Since the only Olympic sport we at the Egg care about even remotely is fencing (and, in winter, the biathlon), this poses a bit of a problem.  Rooting for US fencers is a lot like being a Cubs fan.  Through most of Olympic history, no US fencer won much of anything until Peter Westbrook walked off with a bronze in the 1980s.

Yeah, well, that was then, baby.  The Curse of the Billy Goat has been broken, at least as far as fencing goes.  Mariel Zagunis, Sada Jacobson and Rebecca Ward may not be household names, but as far as we're concerned they are national heroes.  They just swept the Women's Sabre competition, respectively taking gold, silver and bronze, and putting the US (temporarily) ahead in the overall medal count.  More to the point:  they are the only Americans ever to sweep an Olympic fencing event.  Ever.

Courtesy of an emergency call from the splendid Mrs. A, Father Anonymous was able interrupt his sermon-writing and catch the last magnificent touch on television.  When an interviewer asked the girls how it felt, at the awards ceremony, to see three American flags unfurled side-by-side, Jacobsen burst into tears and said "It was the most beautiful sight in the world."

At least today, darling.

The Fireworks Begin

No sooner has a military tribunal sentenced Salim Hamdam to time served plus five months, than the Pentagon begins hemming and hawing.  A spokesman says, equivocally, "He will serve his time for the conviction and then he will still be an enemy combatant, and as an enemy combatant the process for potential transfer or release will apply." And since they don't transfer or release prisoners to Hamdam's native Yemen .... hmm ... maybe they'll just keep him at Gitmo forever.

Our favorite bit of hyperbole is Olberman's aside, when reporting the original verdict and predicting the outcome:  "How much Constitution is there left for you to shred, Mr. President?  Our favorite bit of understatement in the WaPo article:

Defense Department officials said there are concerns about the public perception of holding Hamdan after his prison term runs out, because it could label the military commissions a "show process" with no meaning to its sentences.

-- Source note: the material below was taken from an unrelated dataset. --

-- ===== src/Regmerge.antt =====
-- internal/regmerge: the optimiser of edit operations, one child for each file of the package.
pub mod Paths
pub mod Ordering
pub mod Optimizer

Really? They think that, do they?

Thursday, August 07, 2008

The System ... Works?

All through the trial of Salim Hamdam, one question has been nagging at us.  Assuming that he committed the war crimes for which he is on trial, we asked ourselves, how serious are those crimes, exactly?

He was Osama bin Laden's driver.  And bin Laden is a horrible man, one of the few human beings on earth whom, given five minutes in a locked room, we at the Egg would gladly beat to death with our own fists. 

But Hamdam was his driver.  His chauffeur.  Sure, it's a form of collaboration, but it has to be the least collaborative form there is.  Blaming him for 9/11 is like blaming Iraq on the pilot of Air Force One, or waterboarding on the cab driver who gives David Addington a lift across town.

Given our level of confidence in the military court hearing the case, we fully expected that a guilty verdict would be (a) inevitable and (b) immediately followed by the maximum sentence allowable.  And when the prosecutors asked for 30-to-life, we fully expected them to get it.  And that's where the anonymous tribunal caught us off guard.

They sentenced him to 5 1/2 years, including time served -- and he has already served five years.  The guy could be free in six months.  (Although the Navy also says it won't release anybody it considers a threat, so expect some legal and political fireworks in early 2009).

We can't help wondering whether the jury was sending a message up through the chain of command, and into the political leadership.  If so, it might have been something like this: 

You people, the incompetent politicians and the hamstrung brass, have spent years attacking the wrong target, and everybody knows it.  Seven years later, bin Laden is still alive, and the whole country knows it, and it reveals your impotence to the world.  So you figured we could use this guy -- the driver, for God's sake -- as a scapegoat, a straw man to knock down in Osama's place and appease the bloodthirsty crowd.  And you figured that we would be angry and vindictive and obedient enough to do it, didn't you?  But guess what:  We are still have something none of the rest of you, on our side or theirs, seems to have left:  Our honor.

We at the Egg find even our own icy-cold hearts are actually touched by the HuffPo description of the sentencing:

Hamdan thanked the jurors for the sentence and repeated his apology for having served bin Laden.

"I would like to apologize one more time to all the members and I would like to thank you for what you have done for me," Hamdan told the panel of six U.S. military officers, hand-picked by the Pentagon for the first U.S. war crimes trial in a half century. ...

"I hope the day comes that you return to your wife and daughters and your country, and you're able to be a provider, a father, and a husband in the best sense of all those terms," the judge told Hamdan.

Hamdan, dressed in a charcoal sports coat and white robe, responded: "God willing."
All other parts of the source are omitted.